EXERCISE
The answer must be an exact reproduction of all the entries.

= Beginning of Section =

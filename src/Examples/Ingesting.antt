-- ===== src/Examples/Ingesting.antt =====
-- The breaking rule and the pipeline at concrete inputs.
use afghanistan_news.Base.{◌+◌, ◌≤◌, ◌≡◌, ◌↔◌, true, List, [], ◌∷◌, All, min, length}
use afghanistan_news.Model.{Feed, Candidate}
use afghanistan_news.Breaking.{BreakingSignals, decide_breaking, effective_cap}
use afghanistan_news.Breaking.Laws.{Breaks, flagged_exactly}
use afghanistan_news.Ingest.Items.{Moment}
use afghanistan_news.Ingest.Run.{ingest_candidates}
use afghanistan_news.Ingest.RunLaws.{run_counts}
use afghanistan_news.Ingest.Cycle.{run_once}
use afghanistan_news.Ingest.CycleLaws.{cycle_releases}
use afghanistan_news.Feeds.Lease.{postgres, has_id}
use afghanistan_news.Ingest.Process.{process_feed}
use afghanistan_news.Ingest.ProcessLaws.{IsReleased, lease_returned}
use afghanistan_news.Examples.Fixtures.{kabul, outside, no_articles, no_push}
use afghanistan_news.Examples.Environments.{
  visit, language, options, moment, candidate, worker, world,
}

abbrev quake : BreakingSignals
quake = record {
  official_realtime = true;
  priority = 5;
  scope = "global";
  safety_category = "disasters";
  recent_publish = true;
  distinct_sources = 1;
  urgency_marker = true;
}

flagged_exactly_example : ((decide_breaking quake 3 1 2).flag ≡ true) ↔ Breaks quake 3 1 2
flagged_exactly_example = flagged_exactly quake 3 1 2

abbrev morning : List (Candidate × Moment)
morning = (candidate "A dam opens", moment) ∷ (candidate "Rain", moment) ∷ []

run_counts_example :
    let r = ingest_candidates language outside options kabul morning no_articles no_push in
    (r.seen ≡ min 60 (length morning))
    × (r.inserted + r.dups ≤ r.seen)
    × (r.flagged ≤ r.inserted)
    × (r.flagged ≤ effective_cap 2)
run_counts_example = run_counts language outside options kabul morning no_articles no_push

lease_returned_example :
    All
      (λ (f : Feed). f.id ≡ kabul.id → IsReleased f)
      (process_feed worker kabul visit world).feeds.feeds
lease_returned_example = lease_returned worker kabul visit world

cycle_releases_example :
    let (after, claimed) = run_once worker postgres "w1" 5 1000 (λ _. visit) world in
    All (λ (f : Feed). has_id claimed f ≡ true → IsReleased f) after.feeds.feeds
cycle_releases_example = cycle_releases worker postgres "w1" 5 1000 (λ _. visit) world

= End of Section =

REPLY
filename src/Examples/Ingesting.antt
-- ===== src/Examples/Ingesting.antt =====
-- The breaking rule and the pipeline at concrete inputs.
use afghanistan_news.Base.{◌+◌, ◌≤◌, ◌≡◌, ◌↔◌, true, List, [], ◌∷◌, All, min, length}
use afghanistan_news.Model.{Feed, Candidate}
use afghanistan_news.Breaking.{BreakingSignals, decide_breaking, effective_cap}
use afghanistan_news.Breaking.Laws.{Breaks, flagged_exactly}
use afghanistan_news.Ingest.Items.{Moment}
use afghanistan_news.Ingest.Run.{ingest_candidates}
use afghanistan_news.Ingest.RunLaws.{run_counts}
use afghanistan_news.Ingest.Cycle.{run_once}
use afghanistan_news.Ingest.CycleLaws.{cycle_releases}
use afghanistan_news.Feeds.Lease.{postgres, has_id}
use afghanistan_news.Ingest.Process.{process_feed}
use afghanistan_news.Ingest.ProcessLaws.{IsReleased, lease_returned}
use afghanistan_news.Examples.Fixtures.{kabul, outside, no_articles, no_push}
use afghanistan_news.Examples.Environments.{
  visit, language, options, moment, candidate, worker, world,
}

abbrev quake : BreakingSignals
quake = record {
  official_realtime = true;
  priority = 5;
  scope = "global";
  safety_category = "disasters";
  recent_publish = true;
  distinct_sources = 1;
  urgency_marker = true;
}

flagged_exactly_example : ((decide_breaking quake 3 1 2).flag ≡ true) ↔ Breaks quake 3 1 2
flagged_exactly_example = flagged_exactly quake 3 1 2

abbrev morning : List (Candidate × Moment)
morning = (candidate "A dam opens", moment) ∷ (candidate "Rain", moment) ∷ []

run_counts_example :
    let r = ingest_candidates language outside options kabul morning no_articles no_push in
    (r.seen ≡ min 60 (length morning))
    × (r.inserted + r.dups ≤ r.seen)
    × (r.flagged ≤ r.inserted)
    × (r.flagged ≤ effective_cap 2)
run_counts_example = run_counts language outside options kabul morning no_articles no_push

lease_returned_example :
    All
      (λ (f : Feed). f.id ≡ kabul.id → IsReleased f)
      (process_feed worker kabul visit world).feeds.feeds
lease_returned_example = lease_returned worker kabul visit world

cycle_releases_example :
    let (after, claimed) = run_once worker postgres "w1" 5 1000 (λ _. visit) world in
    All (λ (f : Feed). has_id claimed f ≡ true → IsReleased f) after.feeds.feeds
cycle_releases_example = cycle_releases worker postgres "w1" 5 1000 (λ _. visit) world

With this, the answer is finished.